Autoimmune systemic diseases (ASD) may show impaired immunogenicity to COVID-19 vaccines. Our prospective observational multicenter study aimed to evaluate the seroconversion after the vaccination cycle and at 6-12-month follow-up, as well the safety and efficacy of vaccines in preventing COVID-19.
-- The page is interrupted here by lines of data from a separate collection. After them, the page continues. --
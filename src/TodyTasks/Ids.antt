-- ===== src/TodyTasks/Ids.antt =====
-- The ids of assignees: `_parse_ids` of app/agents/tody_task_actions.py, and the guardian's among
-- them.
use tachy_cognitive_ai_agent.Common.{
  ℕ, zero, suc, ◌≤◌, ◌<◌, ◌≡◌, refl, true, false, Option, none, some, List, [], ◌∷◌, ◌++◌, arith,
  Bool-cases, inl, inr, take, length, length-take, All,
}
use tachy_cognitive_ai_agent.Common.Int.{ℤ}
use tachy_cognitive_ai_agent.Common.Digits.{parse_int}
use tachy_cognitive_ai_agent.Common.Text.{strip}
use tachy_cognitive_ai_agent.TodyTasks.{
  IntArg, no_int, int_text, int_number, IdsArg, parse_id, positive, is_in, add_id, collect_ids,
  id_items, parse_ids,
}

abbrev pub Distinct : List ℕ → Type 0
Distinct [] = Unit
Distinct (n ∷ ids) = (is_in n ids ≡ false) × Distinct ids

abbrev pub Positive : ℕ → Type 0
Positive n = 0 < n

positive-Positive : (o : Option ℤ) (n : ℕ) → positive o ≡ some n → Positive n
unfolding positive
positive-Positive none n h = cc
positive-Positive (some z) n h = ground arith

pub parse_id-Positive : (x : IntArg) (n : ℕ) → parse_id x ≡ some n → Positive n
unfolding parse_id
parse_id-Positive no_int n h = cc
parse_id-Positive (int_text s) n h = positive-Positive (parse_int (strip s)) n h
parse_id-Positive (int_number z) n h = positive-Positive (some z) n h

pub is_in-add_last : (n : ℕ) (ids : List ℕ) → is_in n (ids ++ n ∷ []) ≡ true
is_in-add_last n [] = ground arith
is_in-add_last n (m ∷ ids) = ground (arith, is_in-add_last n ids)

not_in-add_last :
    (m n : ℕ) (ids : List ℕ) → is_in m ids ≡ false → (n ≡ m → ⊥) → is_in m (ids ++ n ∷ []) ≡ false
not_in-add_last m n [] h d = ground arith
not_in-add_last m n (k ∷ ids) h d = ground (arith, not_in-add_last m n ids)

Distinct-add_last :
    (n : ℕ) (ids : List ℕ) → is_in n ids ≡ false → Distinct ids → Distinct (ids ++ n ∷ [])
Distinct-add_last n [] h d = ground arith
Distinct-add_last n (m ∷ ids) h d =
    (not_in-add_last m n ids d.0 (ground arith), Distinct-add_last n ids (ground arith) d.1)

Positive-add_last :
    (n : ℕ) (ids : List ℕ) → Positive n → All Positive ids → All Positive (ids ++ n ∷ [])
Positive-add_last n [] h p = (h, tt)
Positive-add_last n (m ∷ ids) h p = (p.0, Positive-add_last n ids h p.1)

abbrev pub IsClean : List ℕ → Type 0
IsClean ids = Distinct ids × All Positive ids

pub add_id-IsClean :
    (o : Option ℕ) (ids : List ℕ)
    → ((n : ℕ) → o ≡ some n → Positive n)
    → IsClean ids
    → IsClean (add_id o ids)
unfolding add_id
add_id-IsClean none ids p c = c
add_id-IsClean (some n) ids p c = elim (Bool-cases (is_in n ids)) [
  | inl old ↦ rw old c
  | inr new ↦ rw new (Distinct-add_last n ids new c.0, Positive-add_last n ids (p n refl) c.1)
]

collect_ids-IsClean : (xs : List IntArg) (ids : List ℕ) → IsClean ids → IsClean (collect_ids xs ids)
unfolding collect_ids
collect_ids-IsClean [] ids c = c
collect_ids-IsClean (x ∷ xs) ids c =
    collect_ids-IsClean xs _ (add_id-IsClean (parse_id x) ids (parse_id-Positive x) c)

not_in-take : (k n : ℕ) (ids : List ℕ) → is_in n ids ≡ false → is_in n (take k ids) ≡ false
not_in-take zero n ids h = refl
not_in-take (suc k) n [] h = refl
not_in-take (suc k) n (m ∷ ids) h = ground (arith, not_in-take k n ids)

take-IsClean : (k : ℕ) (ids : List ℕ) → IsClean ids → IsClean (take k ids)
take-IsClean zero ids c = (tt, tt)
take-IsClean (suc k) [] c = (tt, tt)
take-IsClean (suc k) (n ∷ ids) (d, p) =
    let (d', p') = take-IsClean k ids (d.1, p.1) in ((not_in-take k n ids d.0, d'), (p.0, p'))

-- Whatever list or text of assignees is given, the ids read from it are positive and distinct, and
-- there are at most fifty.
pub parse_ids_lem :
    (value : IdsArg)
    → Distinct (parse_ids value) × All Positive (parse_ids value) × (length (parse_ids value) ≤ 50)
unfolding parse_ids
parse_ids_lem value =
    let ids = collect_ids (id_items value) [] in
    let (d, p) = take-IsClean 50 ids (collect_ids-IsClean (id_items value) [] (tt, tt)) in
    (d, p, omega (arith, length-take {0} 50 ids))

pub is_in-add_id : (n : ℕ) (ids : List ℕ) → is_in n (add_id (some n) ids) ≡ true
unfolding add_id
is_in-add_id n ids = elim (Bool-cases (is_in n ids)) [
  | inl old ↦ rw (old, old)
  | inr new ↦ rw new (is_in-add_last n ids)
]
The study included 478 unselected ASD patients (mean age 59 ± 15 years), namely 101 rheumatoid arthritis (RA), 38 systemic lupus erythematosus (SLE), 265 systemic sclerosis (SSc), 61 cryoglobulinemic vasculitis (CV), and a miscellanea of 13 systemic vasculitis. The control group included 502 individuals from the general population (mean age 59 ± 14SD years). The immunogenicity of mRNA COVID-19 vaccines (BNT162b2 and mRNA-1273) was evaluated by measuring serum IgG-neutralizing antibody (NAb) (SARS-CoV-2 IgG II Quant antibody test kit; Abbott Laboratories, Chicago, IL) on samples obtained within 3 weeks after vaccination cycle.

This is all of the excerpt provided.